Table 1 List of subjects carrying the haplotype consisting of eight alternate missense alleles of ABCA13NA18510 is homozygous for the haplotype

Discussion

This brief report does not seek to present a systematic survey of the extent to which yin yang haplotypes occur between rare variants. Such a study would require rigorous definitions and also the ability to derive haplotypes reliably from sequence data. Nor does it attempt to assign an exact P value to the observation reported. The aim is simply to draw attention to the existence of this phenomenon and its implications. The yin yang haplotype reported here has also been observed in exomes sequenced for large case–control association studies currently submitted for publication. It appears to have a similar frequency in all samples studied and there is no suggestion that it has any functional consequence or that the fact that it occurs in ABCA13 is of any special relevance.

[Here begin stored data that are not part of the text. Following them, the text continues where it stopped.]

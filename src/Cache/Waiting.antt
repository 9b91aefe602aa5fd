-- ===== src/Cache/Waiting.antt =====
-- How long the wait of `stampedeGet` can be (packages/core/src/Cache.ts).
use redfx.Common.{
  ℕ, zero, suc, ◌+◌, ◌≤◌, ◌<◌, ◌≡◌, refl, String, true, Option, none, some, arith, Bool-cases, inl,
  inr,
}
use redfx.Js.Number.{Number, less, of_ℕ}
use redfx.Durations.{Durations}
use redfx.Effect.{Exit, succeed, fail, die}
use redfx.Redis.Service.{RedisService}
use redfx.Script.{Cached}
use redfx.Cache.Options.{CacheError, CacheOptions, Runtime, ResolvedStampede, later}
use redfx.Cache.Core.{Waited, now, sleep, try_round, settle, loop, stampede_get}

less-of_ℕ : (t n m : ℕ) → less (of_ℕ t) (later n (of_ℕ m)) ≡ true → t < n + m
unfolding less later
less-of_ℕ t n m below = grind arith

module _ {W E A : Type 0} {durations : Durations} (r : RedisService W durations)
    (runtime : Runtime W) (options : CacheOptions W durations.DurationInput E A)
    (st : ResolvedStampede durations.DurationInput)
    (forward : (key token : String) (s : Cached W)
      → now r runtime options s
        ≤ now r runtime options (try_round r runtime options key st token s).1)
    (passes : (s : Cached W)
      → now r runtime options s < now r runtime options (sleep r runtime options st s)) where
  abbrev clock : Cached W → ℕ
  clock = now r runtime options

  abbrev Ends : Waited r runtime options → Type 0
  Ends waited = (result : Exit (CacheError E) A × Cached W) × (waited ≡ some result)

  settle-Ends :
      (key : String) (deadline : Number) (result : Exit (CacheError E) (Option A)) (s : Cached W)
      (rest : Waited r runtime options)
      → (less (of_ℕ (clock s)) deadline ≡ true → Ends rest)
      → Ends (settle r runtime options key st deadline result s rest)
  unfolding settle
  settle-Ends key deadline (succeed (some a)) s rest on = (_, refl)
  settle-Ends key deadline (succeed none) s rest on =
      elim (Bool-cases (less (of_ℕ (clock s)) deadline)) [
        | inl before ↦ rw before (on before)
        | inr after ↦ rw after (_, refl)
      ]
  settle-Ends key deadline (fail e) s rest on = (_, refl)
  settle-Ends key deadline (die d) s rest on = (_, refl)

  loop-Ends :
      (rounds n m : ℕ) (key token : String) (s : Cached W)
      → n + m ≤ rounds + clock s
      → Ends (loop r runtime options (suc rounds) key st token (later n (of_ℕ m)) s)
  unfolding loop
  loop-Ends zero n m key token s enough = settle-Ends key _ _ _ _ λ early.
      let small = less-of_ℕ _ n m early in
      let later_now = forward key token s in absurd (omega arith)
  loop-Ends (suc rounds) n m key token s enough =
      let s' = (try_round r runtime options key st token s).1 in
      settle-Ends key _ _ _ _ λ early.
        loop-Ends rounds n m key token (sleep r runtime options st s') (
          let grows = forward key token s in
          let slept = passes s' in let small = less-of_ℕ _ n m early in omega arith)

  -- The wait for another's lookup ends: where a round does not turn the clock back and a sleep takes
  -- a millisecond at least, a wait timeout of m milliseconds allows at most m + 1 rounds, after which
  -- the caller has a value or an error.
  pub stampede_get-Ends :
      (m : ℕ) (key : String) (s : Cached W)
      → durations.to_millis st.wait_timeout ≡ of_ℕ m
      → Ends (stampede_get r runtime options (suc m) key st s)
  unfolding stampede_get
  stampede_get-Ends m key s whole_wait =
      let (token, w) = runtime.random_uuid s.outside in
      rw whole_wait (
        loop-Ends m (runtime.current_time_millis w) m key token (record s { outside = w })
          (omega arith))
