-- ===== src/Cache/Tests/Silent.antt =====
-- A server that answers null to every command.
use redfx.Common.{ℕ, suc, ◌≤◌, ◌<◌, ◌≡◌, refl, String, [], none, some, arith}
use redfx.Js.Number.{of_ℕ}
use redfx.Durations.Whole.{whole}
use redfx.Resp.{null}
use redfx.Effect.{Exit, succeed}
use redfx.Connection.{ConnectionService}
use redfx.Redis.Service.{RedisService}
use redfx.Redis.Make.{make_redis}
use redfx.Ref.{Codec}
use redfx.Script.{Cached}
use redfx.Cache.Options.{CacheError, CacheOptions, Runtime, ResolvedStampede, defaults, compute}
use redfx.Cache.Core.{
  stampede_get, now, sleep, try_round, under_lock, acquire_lock, lock_reply, use_lock, drop_lock,
  released,
}
use redfx.Redis.Keys
use redfx.Ref.Value
use redfx.Ref.{to_decode_error}
use redfx.RedisCommand.{command, make}
use redfx.Decode.{decode_option_string}
use redfx.Cache.Waiting.{stampede_get-Ends}

abbrev silent_connection : (W : Type 0) → ConnectionService W
silent_connection W = record {
  send = λ c w. (succeed null, w);
  pipeline = λ cs w. (succeed [], w);
  close = λ w. (succeed tt, w);
}

abbrev silent : (W : Type 0) → RedisService W whole
silent W = make_redis whole (silent_connection W)

abbrev texts : Codec String
texts = record { encode = λ s. succeed s; decode = λ s. succeed s }

-- The outside is the clock.
abbrev clock : Runtime ℕ
clock = record {
  random_uuid = λ w. ("token", w);
  current_time_millis = λ w. w;
  jitter_sleep = λ n w. suc w;
  number_result = λ v. succeed (of_ℕ 0);
}

abbrev words : CacheOptions ℕ ℕ String String
words = record {
  schema = texts;
  prefix = "words";
  ttl = 5000;
  lookup = λ key w. (succeed "found", w);
  stampede = defaults;
}

abbrev brief : ResolvedStampede ℕ
brief = record { lock_ttl = 10; wait_timeout = 3; poll_interval = 1; on_timeout = compute }

abbrev at_seven : Cached ℕ
at_seven = record { cached_sha = none; outside = 7 }

round_takes_no_time :
    (key token : String) (s : Cached ℕ)
    → now (silent ℕ) clock words s
      ≤ now (silent ℕ) clock words (try_round (silent ℕ) clock words key brief token s).1
unfolding try_round make_redis Keys.get Keys.call Keys.ask Value.get under_lock acquire_lock
    lock_reply use_lock drop_lock released decode_option_string command make to_decode_error
round_takes_no_time key token s = omega arith

sleep_takes_time :
    (s : Cached ℕ)
    → now (silent ℕ) clock words s
      < now (silent ℕ) clock words (sleep (silent ℕ) clock words brief s)
sleep_takes_time s = omega arith

stampede_get-Ends_example :
    (result : Exit (CacheError String) String × Cached ℕ) × (stampede_get
        (silent ℕ)
        clock
        words
        4
        "w"
        brief
        at_seven
      ≡ some result)
stampede_get-Ends_example =
    stampede_get-Ends (silent ℕ) clock words brief round_takes_no_time sleep_takes_time 3 "w"
      at_seven refl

It is important to be aware that yin yang haplotypes can occur even among rare missense variants. Any form of LD between variants would invalidate a simple burden test, which assumed that variants occurred independently. As discussed elsewhere, such LD will also invalidate many tests for association that use Monte Carlo methods to permute genotypes rather than haplotypes.6 Likewise, if one tests for an excess of subjects carrying two or more variant alleles, in an attempt to detect compound heterozygotes, it is difficult to distinguish compound heterozygotes from alleles co-occurring through LD. Under a simple coalescent model, one might not expect two very rare variants to occur in a single haplotype and if one observed a single affected subject with two novel variants in the same gene one might suspect that this represented a compound heterozygote disrupting both copies of a gene. However, the existence of yin yang haplotypes implies that one would need to consider the possibility that both variants lay within the same copy of the gene. Another implication is that if certain pairs of variants always occur together then it would never be possible to use population association methods to decide which was causative – one would need to rely on functional studies of artificial constructs in which only one variant was present.

The mechanism whereby such yin yang haplotypes occur is difficult to discern. It is hard to think of plausible biological mechanisms whereby such a rare haplotype might be distributed so widely without any of the constituent variants surviving in isolation. One would need to speculate that either all had arisen simultaneously or they were produced by some form of admixture or bottleneck. However, it is still difficult to visualise exactly what set of circumstances would produce this result. Alternatively, they might arise from some kind of chromosomal rearrangement or sequencing artefact, although again it is not exactly clear what the nature of this might be. It seems that it would be fruitful to study such phenomena further in order to gain a clearer understanding of the mechanisms involved and implications for analytic methodologies.